Fellow King's College London London, England, United Kingdom
Background: In persistent pulmonary hypertension of the newborn (PPHN) there is extrapulmonary right-to-left shunting of deoxygenated blood, leading to hypoxaemia and re-circulation of blood rich in carbon dioxide. Re-direction of blood from the pulmonary to systemic circulation causes pulmonary oligaemia and ventilation-perfusion mismatch with increased alveolar dead space. The presence and magnitude of alveolar dead space can be estimated by the difference in the arterial and end-tidal carbon dioxide pressures (PaCO2 – EtCO2 gradient). Objective: (i) To describe the PaCO2 – EtCO2 gradient in term born infants with PPHN and compare it to those without. (ii) To determine if the gradient would reduce in PPHN infants as their condition improved. Design/Methods: A prospective, observational study of term born, ventilated infants in a level three NICU was undertaken. Infants with echocardiographically confirmed PPHN were included and infants ventilated for non-respiratory reasons acted as controls. Ethical approval was granted and the study registered with the local clinical governance department. The PaCO2 – EtCO2 gradient was calculated from arterial blood gases from indwelling catheters and continuous microstream sidestream capnography. Infants with PPHN were assessed during the acute illness and prior to extubation when the PPHN had clinically resolved. Non-parametric tests used included the Mann Whitney U test and linear regression analysis. Results: Twenty infants were studied with a median (IQR) gestational age of 39.5 (38.7 – 40.4) weeks and birthweight of 3.56 (3.15 – 3.93) kg.
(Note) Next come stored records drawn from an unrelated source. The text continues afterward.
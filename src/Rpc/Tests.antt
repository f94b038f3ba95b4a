-- ===== src/Rpc/Tests.antt =====
-- rpc: a function that gives back its argument, called through the wire.
use mqant.Prelude.{
  ℕ, Option, true, if◌then◌else◌, none, some, List, [], ◌∷◌, Bytes, insert, empty, Result, ok, pos,
  suc_ℤ, ◌≡◌, refl,
}
use mqant.Rpc.Args.{
  Value, Codec, ArgsError, string, nil, unknown, args_type_and_to_bytes, bytes_to_args,
}
use mqant.Rpc.Args.RoundTrip.{through, Arrives, plain, through-Arrives}
use mqant.Rpc.Server.{RpcInfo, FunctionInfo, RpcServer, Outcome, returns, no_error, run_func, Event}
use mqant.Rpc.Server.Adding.{Adds}
use mqant.Rpc.Server.Always.{run_func-Adds}
use mqant.Rpc.Server.Running.{Runs, is_callable, run_func-Runs}
use mqant.Rpc.Server.Replying.{no_listener}
use mqant.Rpc.Client.{call}
use mqant.Rpc.Client.Calls.{
  through_server, with_span, worded, none_left, one_more, value, call-Gets,
}

-- Values that are no maps or pointers.
abbrev codec : Codec (Unit {0}) (Unit {0})
codec = record {
  map_to_bytes = λ m. none;
  bytes_to_map = λ b. none;
  map_string_to_bytes = λ m. none;
  bytes_to_map_string = λ b. none;
  trace_to_bytes = λ t. none;
  bytes_to_trace = λ b. none;
  new_span = [];
  serializers = [];
  reflect = λ p. unknown;
}

abbrev V : Type 0
V = Value (Unit {0}) (Unit {0})

abbrev say : ArgsError → Bytes
say e = 1 ∷ []

abbrev first : List V → Outcome V
first [] = returns nil no_error
first (v ∷ vs) = returns v no_error

-- The hooks return, and the ids of all traces are 9.
abbrev quiet : Event → Option Bytes
quiet e = none

abbrev ids : ℕ → Bytes
ids k = 9 ∷ []

abbrev echo : FunctionInfo V V
echo = record {
  num_in = 1;
  goroutine = true;
  decode = λ k t b. worded codec say (bytes_to_args (with_span codec (ids k)) t b);
  function = first;
}

abbrev server : RpcServer V V
server = record {
  functions = insert (7 ∷ []) echo empty;
  listener = none;
  has_rpc_handler = true;
  has_control = true;
  tokens = pos 0;
  executing = pos 0;
  events = [];
}

abbrev hello : V
hello = string (104 ∷ 105 ∷ [])

hello-Arrives : Arrives codec hello hello
hello-Arrives = plain hello (λ p e. absurd cc) tt

echoed : Arrives (with_span codec (9 ∷ [])) hello hello
echoed = plain hello (λ p e. absurd cc) tt

through-Arrives_example : through codec hello ≡ ok hello
through-Arrives_example = through-Arrives codec hello hello hello-Arrives

call-Gets_example :
    call codec (through_server codec quiet say server) (5 ∷ []) (7 ∷ []) (hello ∷ []) ≡ ok hello
call-Gets_example =
    call-Gets codec quiet ids say echo server (5 ∷ []) (7 ∷ []) (hello ∷ []) (hello ∷ []) (ok hello)
      (λ e. refl) refl (λ k t b. refl) refl (λ info. no_listener refl) (one_more echoed none_left)
      (value hello hello hello-Arrives)

-- A request with no argument.
abbrev short : RpcInfo
short = record { cid = 5 ∷ []; fn = 7 ∷ []; reply = true; args = []; args_type = [] }

abbrev encode : V → Result Bytes (Bytes × Bytes)
encode v = worded codec say (args_type_and_to_bytes codec v)

run_func-Runs_example :
    ((run_func quiet encode short server).0 ≡ none)
    × Runs short server
        (run_func quiet encode short server).1
        (if is_callable server short then pos 0 else if true then suc_ℤ (pos 0) else pos 0)
run_func-Runs_example = run_func-Runs quiet (λ e. refl) encode short server

-- A hook that panics whenever it hears of an answer.
abbrev loud : Event → Option Bytes
loud e = some (1 ∷ [])

run_func-Adds_example : Adds short 1 3 server (run_func loud encode short server).1
run_func-Adds_example = run_func-Adds short loud refl encode server
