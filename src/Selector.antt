-- ===== src/Selector.antt =====
-- selector/: how a client picks an instance of a service.
pub mod Filter
pub mod Strategy
pub mod Cache
pub mod Select
mod Tests
use mqant.Prelude.{Result}
use mqant.Registry.Mock.{RegistryError}

-- The errors of a selector. `not_found` is the selector's own, `registry` one of the registry.
pub data SelectorError : Type 0 where
  not_found none_available : SelectorError
  registry : RegistryError → SelectorError
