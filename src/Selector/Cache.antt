-- ===== src/Selector/Cache.antt =====
-- selector/cache/cache.go: the selector that keeps what the registry answered. The registry and the
-- clock are arguments of the calls; an event of the watcher that `run` keeps is an `update`. Lists
-- stand for slices of pointers, so that `cp` is the identity.
pub mod Expiry
pub mod Events
pub mod Removal
use mqant.Prelude.{
  ℕ, suc, ◌+◌, ltb, Bool, true, false, not, ◌&&◌, if◌then◌else◌, Option, none, some, List, [], ◌∷◌,
  ◌++◌, Bytes, same, length, Map, empty, insert, remove, Result, ok, err, panic, Exec, filter_out,
  set,
}
use mqant.Registry.{Node, Service}
use mqant.Registry.Mock.{RegistryError, has, del_nodes}
use mqant.Registry.Mock.RegistryError.{not_found, other}
use mqant.Selector.{SelectorError, registry}
use mqant.Selector

-- `has_watcher` says whether a callback for removed nodes is set, `notified` lists its calls.
pub record CacheSelector : Type 0 where
  pub ttl : ℕ
  pub cache : Map (List Service)
  pub ttls : Map ℕ
  pub watched : Map Bool
  pub exited : Bool
  pub has_watcher : Bool
  pub notified : List Node

-- What `registry.GetService` answers.
abbrev pub Registry : Type 0
Registry = Bytes → Result RegistryError (List Service)

-- `NewSelector`
pub new_selector : ℕ → Bool → CacheSelector
new_selector ttl has_watcher = record {
  ttl = ttl;
  cache = empty;
  ttls = empty;
  watched = empty;
  exited = false;
  has_watcher = has_watcher;
  notified = [];
}

-- `del`
abbrev pub del : Bytes → CacheSelector → CacheSelector
del service c = record c { cache = remove service c.cache; ttls = remove service c.ttls }

-- `set` at the time `now`
abbrev pub set_services : ℕ → Bytes → List Service → CacheSelector → CacheSelector
set_services now service services c = record c {
  cache = insert service services c.cache;
  ttls = insert service (now + c.ttl) c.ttls;
}

-- The start of `get`: one watcher for each service that was asked for.
abbrev pub watch : Bytes → CacheSelector → CacheSelector
watch service c = elim (c.watched service) [
  | some b ↦ c
  | none ↦ record c { watched = insert service true c.watched }
]

-- The inner function `get`, with its two results: the registry's answer, which is kept, or nil and
-- an error.
abbrev pub ask :
    Registry → ℕ → Bytes → Exec RegistryError CacheSelector (List Service × Option RegistryError)
ask reg now service c = elim (reg service) [
  | ok services ↦ (ok (services, none), set_services now service services c)
  | err e ↦ (ok ([], some e), c)
  | panic ↦ (panic, c)
]

-- A miss: the error of the registry goes to the caller.
abbrev pub miss :
    Result RegistryError (List Service × Option RegistryError) × CacheSelector
    → Result SelectorError (List Service) × CacheSelector
miss (ok (services, none), c) = (ok services, c)
miss (ok (services, some e), c) = (err (registry e), c)
miss (err e, c) = (err (registry e), c)
miss (panic, c) = (panic, c)

-- An expired entry: `services` is overwritten by the first result of the inner `get`, and is answered
-- after an error other than `not_found` too.
abbrev pub expired :
    Result RegistryError (List Service × Option RegistryError) × CacheSelector
    → Result SelectorError (List Service) × CacheSelector
expired (ok (services, none), c) = (ok services, c)
expired (ok (services, some not_found), c) = (err Selector.not_found, c)
expired (ok (services, some (other msg)), c) = (ok services, c)
expired (err e, c) = (err (registry e), c)
expired (panic, c) = (panic, c)

-- kk && time.Since(ttl) < c.ttl
abbrev pub is_live : ℕ → Bytes → CacheSelector → Bool
is_live now service c = elim (c.ttls service) [ none ↦ false | some t ↦ ltb now (t + c.ttl) ]

-- `get`
unfoldable pub get : Registry → ℕ → Bytes → Exec SelectorError CacheSelector (List Service)
get reg now service c₀ =
    let c = watch service c₀ in
    elim (c.cache service) [
      | none ↦ miss (ask reg now service c)
      | some [] ↦ miss (ask reg now service c)
      | some (s ∷ ss) ↦
          if is_live now service c then (ok (s ∷ ss), c) else expired (ask reg now service c)
    ]

pub data Action : Type 0 where
  create update delete unknown : Action

-- Of the services of a version the last, with its index.
unfoldable pub find_version : Bytes → List Service → Option (ℕ × Service)
find_version version [] = none
find_version version (s ∷ services) = elim (find_version version services) [
  | some (i, found) ↦ some (suc i, found)
  | none ↦ if same s.version version then some (0, s) else none
]

-- The loop that appends the old nodes: it looks at those appended before, too.
unfoldable pub append_old : List Node → List Node → List Node
append_old nodes [] = nodes
append_old nodes (cur ∷ old) =
    if has cur.instance_id nodes then append_old nodes old else append_old (nodes ++ cur ∷ []) old

-- The callback is called on the nodes, if it is set.
abbrev pub notify : List Node → CacheSelector → CacheSelector
notify nodes c = if c.has_watcher then record c { notified = c.notified ++ nodes } else c

-- The actions "create" and "update".
unfoldable pub put_service : ℕ → Service → List Service → CacheSelector → CacheSelector
unfolding find_version append_old
put_service now res services c = elim (find_version res.version services) [
  | none ↦ set_services now res.name (services ++ res ∷ []) c
  | some (index, service) ↦
      set_services now res.name
        (set services index (record res { nodes = append_old res.nodes service.nodes })) c
]

-- The action "delete" of some nodes, once the nodes that stay are known.
abbrev pub store_left : ℕ → Service → ℕ → List Service → List Node → CacheSelector → CacheSelector
store_left now service index services (n ∷ ns) c =
    set_services now service.name (set services index (record service { nodes = n ∷ ns })) c
store_left now service index (s ∷ []) [] c = del service.name c
store_left now service index services [] c =
    set_services now service.name (filter_out (λ s. same s.version service.version) services) c

unfoldable pub drop_nodes : ℕ → Service → List Service → CacheSelector → CacheSelector
unfolding find_version del_nodes
drop_nodes now res services c = elim (find_version res.version services) [
  | none ↦ c
  | some (index, service) ↦
      store_left now service index services (del_nodes service.nodes res.nodes)
        (notify (filter_out (λ cur. not (has cur.instance_id res.nodes)) service.nodes) c)
]

-- The nodes of the whole service, for the callback when it goes.
abbrev cached_nodes : List Service → List Node
cached_nodes [] = []
cached_nodes (s ∷ services) = s.nodes ++ cached_nodes services

-- `update` on an event that names a service.
unfoldable pub update_service : ℕ → Action → Service → CacheSelector → CacheSelector
unfolding put_service drop_nodes
update_service now action res c = elim (c.cache res.name) [
  | none ↦ c
  | some services ↦ elim res.nodes [
    | [] ↦ elim action [
      | delete ↦ del res.name (notify (cached_nodes services) c)
      | create ↦ c
      | update ↦ c
      | unknown ↦ c
    ]
    | n ∷ ns ↦ elim action [
      | create ↦ put_service now res services c
      | update ↦ put_service now res services c
      | delete ↦ drop_nodes now res services c
      | unknown ↦ c
    ]
  ]
]

-- `Reset`
pub reset : Bytes → CacheSelector → CacheSelector
reset service c = del service c

-- `Close`
pub close : CacheSelector → CacheSelector
close c = record c { cache = empty; watched = empty; exited = true }
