-- ===== src/Selector/Cache/Events.antt =====
-- What the events of the watcher do to the instances that the caching selector knows.
use mqant.Prelude.{
  ℕ, zero, suc, Bool, true, false, ◌&&◌, ◌||◌, ◌≡◌, ◌≢◌, ◌⊎◌, refl, sym, if◌then◌else◌, Option,
  some, none, List, [], ◌∷◌, ◌++◌, Bytes, same, same→eq, same_refl, any-append, Bool-cases, inl,
  inr, arith, set, get_elem?, elim_or_nil,
}
use mqant.Registry.{Node, Service}
use mqant.Registry.Mock.{has}
use mqant.Registry.Mock.Instances.{holds}
use mqant.Selector.Cache.{
  CacheSelector, Action, find_version, append_old, put_service, update_service,
}
use mqant.Selector.Cache.Action.{create, update}

-- Is an instance `id` of the version `v` known under the service name?
abbrev pub knows : Bytes → Bytes → Bytes → CacheSelector → Bool
knows name v id c = holds v id (elim_or_nil (c.cache name))

has-append_old :
    (id : Bytes) (nodes old : List Node)
    → has id (append_old nodes old) ≡ (has id nodes || has id old)
unfolding append_old
has-append_old id nodes [] = ground arith
has-append_old id nodes (cur ∷ old) = elim (Bool-cases (has cur.instance_id nodes)) [
  | inl seen ↦ elim (Bool-cases (same cur.instance_id id)) [
    | inl e ↦ ground (arith, has-append_old id nodes old, same→eq cur.instance_id id e)
    | inr e ↦ ground (arith, has-append_old id nodes old)
  ]
  | inr new ↦ ground (
    arith,
    has-append_old id (nodes ++ cur ∷ []) old,
    any-append (λ n. same n.instance_id id) nodes (cur ∷ []),
  )
]

-- The service that `find_version` returns stands at its index and has the version.
abbrev pub Found : Bytes → List Service → Option (ℕ × Service) → Type 0
Found v services none = Unit
Found v services (some (i, s)) = (get_elem? services i ≡ some s) × (same s.version v ≡ true)

Found-here :
    (v : Bytes) (s : Service) (services : List Service) (b : Bool)
    → same s.version v ≡ b
    → Found v (s ∷ services) (if b then some (0, s) else none)
Found-here v s services true e = (refl, e)
Found-here v s services false e = tt

Found-step :
    (v : Bytes) (s : Service) (services : List Service) (later : Option (ℕ × Service))
    → find_version v services ≡ later
    → Found v services later
    → Found v (s ∷ services) (find_version v (s ∷ services))
unfolding find_version
Found-step v s services none e h = rw e (Found-here v s services (same s.version v) refl)
Found-step v s services (some (i, found)) e h = rw e h

pub find_version-Found :
    (v : Bytes) (services : List Service) → Found v services (find_version v services)
find_version-Found v [] = unfold find_version in tt
find_version-Found v (s ∷ services) =
    Found-step v s services (find_version v services) refl (find_version-Found v services)

-- A service with the instances of the one that it replaces and those that pass the test `b`.
holds-set :
    (v id : Bytes) (services : List Service) (i : ℕ) (o s : Service) (b : Bool)
    → get_elem? services i ≡ some o
    → s.version ≡ o.version
    → has id s.nodes ≡ (b || has id o.nodes)
    → holds v id (set services i s) ≡ ((same o.version v && b) || holds v id services)
holds-set v id [] i o s b e same_v h = absurd cc
holds-set v id (x ∷ services) zero o s b e same_v h = ground arith
holds-set v id (x ∷ services) (suc i) o s b e same_v h =
    ground (arith, holds-set v id services i o s b e same_v h)

put_service-cases :
    (now : ℕ) (res : Service) (services : List Service) (c : CacheSelector) (v id : Bytes)
    (found : Option (ℕ × Service))
    → find_version res.version services ≡ found
    → Found res.version services found
    → knows res.name v id (put_service now res services c)
      ≡ ((same res.version v && has id res.nodes) || holds v id services)
unfolding put_service
put_service-cases now res services c v id none e h = ground (
  arith,
  e,
  same_refl res.name,
  any-append (λ s. same s.version v && has id s.nodes) services (res ∷ []),
)
put_service-cases now res services c v id (some (i, o)) e h =
    let same_version : o.version ≡ res.version = same→eq o.version res.version h.1 in
    ground (
      arith,
      e,
      same_version,
      same_refl res.name,
      holds-set v id services i o (record res { nodes = append_old res.nodes o.nodes })
          (has id res.nodes) h.0 (sym same_version) (has-append_old id res.nodes o.nodes),
    )

-- An event "create" or "update" of a service that is in the cache and lists some nodes adds exactly
-- its instances to those that the selector knows; no instance that was known before is lost.
pub update-knows :
    (now : ℕ) (action : Action) (res : Service) (services : List Service) (c : CacheSelector)
    (v id : Bytes)
    → c.cache res.name ≡ some services
    → res.nodes ≢ []
    → (action ≡ create) ⊎ (action ≡ update)
    → knows res.name v id (update_service now action res c)
      ≡ ((same res.version v && has id res.nodes) || knows res.name v id c)
unfolding update_service
update-knows now action res services c v id e ne a = ground (
  arith,
  put_service-cases now res services c v id (find_version res.version services) refl
      (find_version-Found res.version services),
)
The PaCO2 – EtCO2 gradient was larger in the infants with PPHN compared to those without [80.3 (6.8 – 36.0) mmHg versus 27.8 (62.3 – 126.0) mmHg, p< 0.001], and related to both mean airway pressure (MAP) (r = 0.62, p = 0.04) and fraction of inspired oxygen (FiO2) (r = 0.71, p< 0.01). Linear regression analysis demonstrated that the PaCO2 – EtCO2 gradient was predicted by a diagnosis of PPHN (p = 0.037, 95% CI 0.7 – 18.0) after adjusting for differences in MAP and FiO2. In infants with PPHN the PaCO2 – EtCO2 gradient decreased significantly during acute illness to pre-extubation compared to those without PPHN (p = 0.02).
Conclusion(s): The arterial to end-tidal carbon dioxide gradient was larger in infants with PPHN compared to those without. Furthermore, the PaCO2 – EtCO2 gradient decreased over the first week in infants with PPHN. This gradient might have potential in monitoring the evolution and resolution of PPHN.